Sunday, August 20, 2017

Eclipse means Eclipso!

With the eclipse, it seemed a good time to look at one of a couple silver-age DC comics I picked up. One thing the comics showed was that if you think that the Silver-Age Doom Patrol was weird, you probably need to read more DC comics from that era. House of Secrets during this time had two features much like their competition's Strange Tales and Tales of Suspense. In this case, the two were Eclipso and Prince Ra-man. One of the things that attracted me with this comic was it promised a merging of the two features into one story pitting the hero against the star villain.

Eclipso was sort of DC's version the Hulk, playing on the Jekyll and Hyde motif: good guy scientist who turns into a menace.
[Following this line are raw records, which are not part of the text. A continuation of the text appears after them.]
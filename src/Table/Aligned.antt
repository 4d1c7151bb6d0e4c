-- ===== src/Table/Aligned.antt =====
-- The columns of a `TableBuilder` keep the same number of rows.
use rypipe.Prelude.{
  ℕ, zero, suc, Bool, true, false, ◌+◌, ◌*◌, ◌/◌, ◌≡◌, ◌<◌, ◌≤◌, refl, sym, ap, ◌∙◌, none, some,
  List, [], ◌∷◌, ◌++◌, Str, str_eq, lookup, length, get_elem?, get_or, set, ltb, ◌==◌, Bool-cases,
  inl, inr, arith, length-append, div_ceil, ◌⊎◌, ◌≢◌,
}
use rypipe.Value.{Value, Host}
use rypipe.Plan.{FieldType, column_type}
use rypipe.Columnar.Contents.{length-set}
use rypipe.Columnar.Entries.{get_elem?-lt, get_elem?-get_or}
use rypipe.Builder.{ColumnBuilder, new, push_str}
use rypipe.Builder.Read.{len, pop}
use rypipe.Table.{TableBuilder, is_dirty, mark, push_nulls, with_column, replaced, store}
use rypipe.Table.Bits.{is_dirty-mark, is_dirty-padded, length-padded, length-mark}
use rypipe.Table.Lengths.{len-pop, len-push_str, len-push_value, len-new}

abbrev pub one_if : Bool → ℕ
one_if true = 1
one_if false = 0

-- Every column has the rows of the table, and one more if it got a value in the row that is being
-- read; a name's column is there, and the words have a bit for each column, none set past them.
pub record Aligned (columns : List ColumnBuilder) (index : List (Str × ℕ)) (dirty : List ℕ)
    (rows : ℕ) : Type 0 where
  pub lens :
      (i : ℕ) (b : ColumnBuilder)
      → get_elem? columns i ≡ some b
      → len b ≡ rows + one_if (is_dirty dirty i)
  pub clear : (i : ℕ) → length columns ≤ i → is_dirty dirty i ≡ false
  pub slots : (name : Str) (i : ℕ) → lookup name index ≡ some i → i < length columns
  pub words : length columns ≤ 64 * length dirty

-- The table is not within a row that is counted, and aligned.
pub record IsAligned (t : TableBuilder) : Type 0 where
  pub between : t.direct ≡ false
  pub aligned : Aligned t.columns t.field_index t.row_dirty t.row_count

module _ {A : Type 0} where
  get_elem?-set :
      (xs : List A) (k i : ℕ) (v x : A)
      → get_elem? (set xs k v) i ≡ some x
      → ((k ≡ i) × (v ≡ x)) ⊎ ((k ≢ i) × (get_elem? xs i ≡ some x))
  get_elem?-set [] k i v x h = cc
  get_elem?-set (y ∷ ys) zero zero v x h = inl (refl, cc)
  get_elem?-set (y ∷ ys) zero (suc i) v x h = inr (ground arith, h)
  get_elem?-set (y ∷ ys) (suc k) zero v x h = inr (ground arith, h)
  get_elem?-set (y ∷ ys) (suc k) (suc i) v x h = elim (get_elem?-set ys k i v x h) [
    | inl (same, value) ↦ inl (ap suc same, value)
    | inr (other, rest) ↦ inr (ground (arith, other), rest)
  ]

  get_elem?-snoc :
      (xs : List A) (i : ℕ) (v x : A)
      → get_elem? (xs ++ (v ∷ [])) i ≡ some x
      → ((i ≡ length xs) × (v ≡ x)) ⊎ (get_elem? xs i ≡ some x)
  get_elem?-snoc [] zero v x h = inl (refl, cc)
  get_elem?-snoc [] (suc i) v x h = cc
  get_elem?-snoc (y ∷ ys) zero v x h = inr h
  get_elem?-snoc (y ∷ ys) (suc i) v x h = elim (get_elem?-snoc ys i v x h) [
    | inl (same, value) ↦ inl (ap suc same, value)
    | inr rest ↦ inr rest
  ]

module _ (H : Host) where
  len-push_nulls : (b : ColumnBuilder) (n : ℕ) → len (push_nulls H b n) ≡ len b + n
  unfolding push_nulls
  len-push_nulls b zero = omega arith
  len-push_nulls b (suc n) =
      len-push_nulls (push_str H b none) n ∙ omega (arith, len-push_str H b none)

  one_if_le : (d : Bool) → one_if d ≤ 1
  one_if_le true = omega arith
  one_if_le false = omega arith

  len-replaced :
      (b : ColumnBuilder) (rows : ℕ) (v : Value) (d : Bool)
      → len b ≡ rows + one_if d
      → len (replaced H b rows v) ≡ rows + 1
  unfolding replaced
  len-replaced b rows v d h = elim (Bool-cases (ltb rows (len b))) [
    | inl longer ↦
        rw longer (len-push_value H (pop b) v ∙ ground (arith, len-pop b, one_if_le d, longer, h))
    | inr fits ↦ rw fits (len-push_value H b v ∙ ground (arith, one_if_le d, fits, h))
  ]

  -- A value in the column `i`.
  stored-Aligned :
      (cs : List ColumnBuilder) (ix : List (Str × ℕ)) (dirty : List ℕ) (rows i : ℕ)
      (b : ColumnBuilder) (v : Value)
      → Aligned cs ix dirty rows
      → get_elem? cs i ≡ some b
      → Aligned (set cs i (replaced H b rows v)) ix (mark dirty i) rows
  stored-Aligned cs ix dirty rows i b v s at =
      let size = length-set cs i (replaced H b rows v) in
      let within = get_elem?-lt cs i b at in
      let word : i / 64 < length dirty = omega (arith, s.words, within) in
      record {
        lens = λ j c h. elim (get_elem?-set cs i j (replaced H b rows v) c h) [
          | inl (same, value) ↦
              let mine : (i == j) ≡ true = ground (arith, same) in
              rw (is_dirty-mark dirty i j word, mine)
                (ap len (sym value) ∙ len-replaced b rows v (is_dirty dirty i) (s.lens i b at))
          | inr (other, rest) ↦
              let differs : (i == j) ≡ false = ground (arith, other) in
              rw (is_dirty-mark dirty i j word, differs) (s.lens j c rest)
        ];
        clear = λ j h.
            let differs : (i == j) ≡ false = ground (arith, within, size, h) in
            rw (is_dirty-mark dirty i j word, differs) (s.clear j (omega (arith, size, h)));
        slots = λ name j h. omega (arith, size, s.slots name j h);
        words = omega (arith, size, length-mark dirty i, s.words);
      }

  store-some :
      (t : TableBuilder) (i : ℕ) (v : Value) (b : ColumnBuilder)
      → get_elem? t.columns i ≡ some b
      → store H t i v ≡ record t {
        row_dirty = mark t.row_dirty i;
        columns = set t.columns i (replaced H b t.row_count v);
      }
  unfolding store
  store-some t i v b h = rw (h, store) refl

  pub store-IsAligned :
      (t : TableBuilder) (i : ℕ) (v : Value)
      → IsAligned t
      → i < length t.columns
      → IsAligned (store H t i v)
  store-IsAligned t i v s lt =
      let b = get_or t.columns i (new FieldType.string) in
      let there = get_elem?-get_or t.columns i (new FieldType.string) lt in
      rw (store-some t i v b there) (record {
        between = s.between;
        aligned =
            stored-Aligned t.columns t.field_index t.row_dirty t.row_count i b v s.aligned there;
      })

  slots_more :
      (ix : List (Str × ℕ)) (name : Str) (n : ℕ)
      → ((other : Str) (i : ℕ) → lookup other ix ≡ some i → i < n)
      → (other : Str) (i : ℕ) → lookup other ((name, n) ∷ ix) ≡ some i
      → i < n + 1
  unfolding lookup
  slots_more ix name n s other i h = elim (Bool-cases (str_eq name other)) [
    | inl same ↦
        let e : some n ≡ some i = rw same at h in let here : n ≡ i = cc in omega (arith, here)
    | inr differs ↦ let e : lookup other ix ≡ some i = rw differs at h in omega (arith, s other i e)
  ]

  -- One column more, with a null for each row.
  pub with_column-IsAligned :
      (t : TableBuilder) (name : Str) → IsAligned t → IsAligned (with_column H t name)
  unfolding with_column lookup
  with_column-IsAligned t name s =
      let b : ColumnBuilder = push_nulls H (new (column_type t.plan name)) t.row_count in
      let rows : len b ≡ t.row_count =
        len-push_nulls (new (column_type t.plan name)) t.row_count
        ∙ omega (arith, len-new (column_type t.plan name)) in
      let size : length (t.columns ++ (b ∷ [])) ≡ length t.columns + 1 =
        length-append t.columns (b ∷ []) in
      let n : ℕ = div_ceil (length (t.columns ++ (b ∷ []))) 64 in
      let a = s.aligned in
      record {
        between = s.between;
        aligned = rw (s.between) (record {
          lens = λ i c h.
              rw (is_dirty-padded t.row_dirty n i) (elim (get_elem?-snoc t.columns i b c h) [
                | inl (last, value) ↦
                    let fresh = a.clear i (omega (arith, last)) in
                    rw fresh (ap len (sym value) ∙ rows ∙ omega arith)
                | inr before ↦ a.lens i c before
              ]);
          clear = λ i h. rw (is_dirty-padded t.row_dirty n i) (a.clear i (omega (arith, size, h)));
          slots = λ other i h.
              omega
                (arith, size, slots_more t.field_index name (length t.columns) a.slots other i h);
          words = omega (arith, length-padded t.row_dirty n, size);
        });
      }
In Eclipso's case all it takes is an eclipse to turn scientist Bruce Gordon into the villain Eclipso. Unlike the Hulk, Eclipso got to wear a costume, had incredible intellect and was an out and out villain. Gordon spent most of his time trying, and failing, to prevent coming into eclipses and then helping to set things up that would force him to become Gordon again. In this he is aided by his girlfriend Mona and her father Professor Bennet. A strong sudden light is enough to banish Eclipso.
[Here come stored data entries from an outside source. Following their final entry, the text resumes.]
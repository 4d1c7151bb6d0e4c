-- ===== src/Table/Extended.antt =====
-- `TableBuilder::extend` (merge.rs): what becomes of every column of the two tables.
use rypipe.Prelude.{arith}
use rypipe.Value.{Host}
use rypipe.Columnar.Cells.{length-map}
use rypipe.Table.{TableBuilder}
use rypipe.Table.Rows.{normalize, truncate}
use rypipe.Builder.Read.{len}
use rypipe.Table.Taken.{IsIndexed}
use rypipe.Table.Extend.{carried, adopt}

pub normalize-IsIndexed : (t : TableBuilder) → IsIndexed t → IsIndexed (normalize t)
unfolding normalize
normalize-IsIndexed t s = record {
  distinct = s.distinct;
  slots = λ name i h.
      omega (arith, s.slots name i h, length-map (λ b. truncate (len b) b t.row_count) t.columns);
  one = s.one;
}

module _ (H : Host) (t other : TableBuilder) where
  abbrev start : TableBuilder
  start = carried (normalize t) (normalize other)

  abbrev all : TableBuilder
  all = adopt H start (normalize other).plan (normalize other).column_order
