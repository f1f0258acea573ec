-- ===== src/Tests/Messages.antt =====
-- The theorems on src/filters/evf_msg.c, src/evf_uinput.c and src/filters/dump.c, at small inputs.
use libevfilter.Base.{
  ◌==◌, if◌then◌else◌, ℕ, ◌≡◌, refl, arith, true, false, Option, none, some, List, [], ◌∷◌,
  if◌then◌else◌,
}
use libevfilter.Base.Int.{pos}
use libevfilter.Base.Text.{Text, codes, text_eq}
use libevfilter.Event.{Event}
use libevfilter.Msg.{Msg, initial}
use libevfilter.Msg.Kept.{Message, msgs, leave, heard, msgs_lem}
use libevfilter.Uinput.{try_open, uinput_create}
use libevfilter.Uinput.Closed.{closes, destroys, whole, is_made, uinput_closes}
use libevfilter.Input.Print.{Output, Printing}
use libevfilter.Filters.AtHandle.{feed}
use libevfilter.Filters.Dump
use libevfilter.Filters.Dump.Strays.{record_event, write_out, dump_to, on_stdout, labels_stray}

-- Both sinks are on.
abbrev both_on : Msg
both_on = record initial { process_name = codes "evfd"; syslog = true }

abbrev some_messages : List Message
some_messages = (0, codes "no") ∷ (4, codes "details") ∷ (3, codes "found") ∷ []

msgs_lem_example : msgs some_messages both_on ≡ some (leave (heard 3 some_messages) both_on)
msgs_lem_example = msgs_lem some_messages both_on

-- Only the second path can be opened.
abbrev second_path : Text → Option ℕ
second_path path = if text_eq path (codes "/dev/uinput") then some 5 else none

uinput_closes_example :
    (closes 5 (whole (uinput_create 272 3 second_path true false)) ≡ 1)
    × (destroys 5 (whole (uinput_create 272 3 second_path true false))
        ≡ is_made (uinput_create 272 3 second_path true false).0)
unfolding try_open text_eq
uinput_closes_example = uinput_closes 272 3 5 second_path true false refl

abbrev printing : Printing
printing = record {
  decimal = λ v. codes "7";
  getname = λ n. if n == 30 then some (codes "KEY_A") else none;
}

abbrev key_event : Event
key_event = record { time = 0; type = 1; code = 30; value = pos 1 }

abbrev strange_event : Event
strange_event = record { time = 0; type = 17; code = 1; value = pos 0 }

labels_stray_example :
    (out' : Output) × (feed
        (Dump.modify printing write_out (some record_event))
        (dump_to (codes "/tmp/log") (codes "> "))
        (key_event ∷ strange_event ∷ [])
        ([], [])
      ≡ some (dump_to (codes "/tmp/log") (codes "> "), (out', key_event ∷ strange_event ∷ [])))
    × (on_stdout out' ≡ codes "> ev->type:  > ev->type:  ")
labels_stray_example =
    labels_stray printing (codes "/tmp/log") (codes "> ") (key_event ∷ strange_event ∷ []) [] [] (
      ((λ e. omega (arith, e)), λ key e. cc),
      (((λ e. omega (arith, e)), λ key. omega (arith, key)), tt),
    )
Prince Ra-Man is a bit tougher to explain. He has his roots in an earlier strip featuring Mark Merlin who was an occult detective. He got himself stuck in another dimension and the only way to get back to our reality was to be cast into a recently deceased body. In this new body, he has various mental powers (telekinesis, illusion casting) and a powerful artifact, the six-sided sun. Sort of like the cinema version of Doctor Strange, it has the all of the earmarks of being a mystical hero but explaining it in pseudo science fiction terms while hedging their bets by also sprinkling in Egyptian references. Upon arriving back in this reality he tells Mark's fiance Elsa that Mark is dead. But, she travels with Prince Ra-man in his crusade against crime. Prince Ra-Man may be DC's first superhero to actually sport a beard. With that, plus a white streak in his black hair and his eyes being all white and black ringed, he is looking almost more like a villain than a hero at the time.
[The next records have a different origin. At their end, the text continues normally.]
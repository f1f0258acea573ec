-- ===== src/Tests/Names.antt =====
-- Names of events for src/evf_input.c, and the lock of src/evfd/evfd_lock.c.
use libevfilter.Base.{
  ℕ, ◌==◌, if◌then◌else◌, ◌≡◌, ◌≢◌, ◌↔◌, refl, arith, true, Option, none, some, [], ◌∷◌,
}
use libevfilter.Base.Int.{pos, negsuc, ltb_ℤ}
use libevfilter.Base.Text.{Text, codes}
use libevfilter.Event.{Event, ev_key}
use libevfilter.Input.{input_type, input_code, input_value, names_outside}
use libevfilter.Lock.{Os, written, load_pid, is_free, try_lock}
use libevfilter.Lock.Race.{
  Race, Reach, Step, IsProcess, idle, holds, here, next, take, tried, one_holds, both_hold,
}

-- One key has a name.
abbrev names_given : ℕ → Option Text
names_given code = if code == 30 then some (codes "Key_A") else none

abbrev odd_key : Event
odd_key = record { time = 1; type = 1; code = 30; value = negsuc 0 }

names_outside_example :
    (input_code names_given odd_key ≢ none)
    × (input_code names_given odd_key ≡ some none
        ↔ (odd_key.type ≡ ev_key) × (names_given odd_key.code ≡ none))
    × (input_type odd_key ≡ none ↔ odd_key.type ≡ 12)
    × (input_value odd_key ≡ none ↔ (odd_key.type ≡ ev_key) × (ltb_ℤ odd_key.value (pos 0) ≡ true))
names_outside_example = names_outside names_given odd_key

-- A number is written as one byte, and every process runs.
abbrev read_byte : Text → Option ℕ
read_byte [] = none
read_byte (b ∷ t) = some b

abbrev os : Os
os = record { scan = read_byte; print = λ pid. pid ∷ []; running = λ pid. true }

abbrev start : Race
start = record { file = none; phase = λ p. idle }

is_77 : IsProcess os 77
is_77 = record { positive = omega arith; fits = omega arith; back = refl; alive = refl }

is_78 : IsProcess os 78
is_78 = record { positive = omega arith; fits = omega arith; back = refl; alive = refl }

-- The process 77 takes the lock, and the process 78 is refused.
abbrev after_77 : Race
after_77 = tried 77 (try_lock os 77 written none) start

abbrev after_78 : Race
after_78 = tried 78 (try_lock os 78 written after_77.file) after_77

one_holds_example : (◌≡◌ {A = ℕ} 77 77) × (after_78.file ≡ some (77 ∷ []))
unfolding try_lock
one_holds_example =
    one_holds os {s = start} {t = after_78} (λ p e. ground (arith, e))
      (next (next here (take start 77 written is_77)) (take after_77 78 written is_78)) 77 77 refl
      refl

both_hold_example :
    (t : Race) × Reach (Step os) start t
    × (t.phase 77 ≡ holds)
    × (t.phase 78 ≡ holds)
    × (t.file ≡ some (78 ∷ []))
unfolding is_free load_pid
both_hold_example = both_hold os start 77 78 (λ e. omega (arith, e)) refl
This story starts with Bruce, Mona and Professor Bennet preparing for the next eclipse and a plan to instantly banish Eclipso. As usual Eclipso uses his intellect to outwit them and embark on his next plan of world conquest. In this instance, Eclipso emerges from Bruce Gordon as opposed to Bruce transforming into Eclipso. Eclipso's plan involves him to create Helio, a being made from sun and various chemicals. He even designed a costume for Helio. Of course, it means Eclipso has to shield himself from his own being in order to avoid getting banished. With Helio's power, they steal a space platform so that they can attack anywhere on earth from the safety of space. Eclipso is eventually defeated and returns to Gordon's body. However, Helio is still out there.

In the part two, Prince Ra-man sets out to end the ongoing threat of Helio. In their first encounter Helio almost manages to kill Ra-man and Elsa in a cave in. Helio travels to the lab complex of Buce Gordon in Solar City. He creates an artificial eclipse which transforms Bruce into Eclipso this time. When Prince Ra-man arrives, he quickly reasons that Eclipso is Gordon's other self which Professor Bennet admits. The professor tells him this transformation is only temporary but if there is a real eclipse, Eclipso will split off permanently and if Eclipso and Helio are able to get the stolen space platform into space, they will be nearly unstoppable. Ra-man grows his disc to giant size and flies it like a flying carpet after the platform where he has to battle the two villains.

GCD lists both parts of the story to be by Bob Haney while Jack Sparling did the art for the first half and Bernard Bailey on the second. It's not quite the book length battle promised on the cover, it is still a fun read of a couple of off-beat characters. The stories don't give much background on the characters and so the handling of Eclipso seems a bit inconsistent, with him emerging from Bruce in the front half and a transformed Bruce Gordon in the second. Eclipso's appearances after his run were sporadic in the 1970s. Some reprints, a battle against Batman, the Metal Men, an appearance in Crisis. It would be in the 1990s that Eclipso would get upgraded into a major villainous threat as he was portrayed as a dark villain that was able to use his black diamonds to create dark-sides of the various heroes. In one issue of his own comic he would be responsible for the deaths of various characters including the original Steel, the lady Dr. Midnight and Wildcat, Peacemaker, Mark Shaw Manhunter, the Creeper and another or two. The Creeper would get better and the Manhunter killed was retconned to have been someone else in his costume. In these stories, Eclipso doesn't display the scientific expertise and cunning that he does in these Silver-Age stories where he seems more of a Doctor Doom or Lex Luthor style villain. Prince Ra-Man would cross swords again with Eclipso a few issues later. He would eventually come clean with Elsa over his identity. Not much later he was killed in the final issue of Crisis on Infinite Earths. Since then, there have apparently been sporadic inconsistent appearances of him and/or Mark Merlin.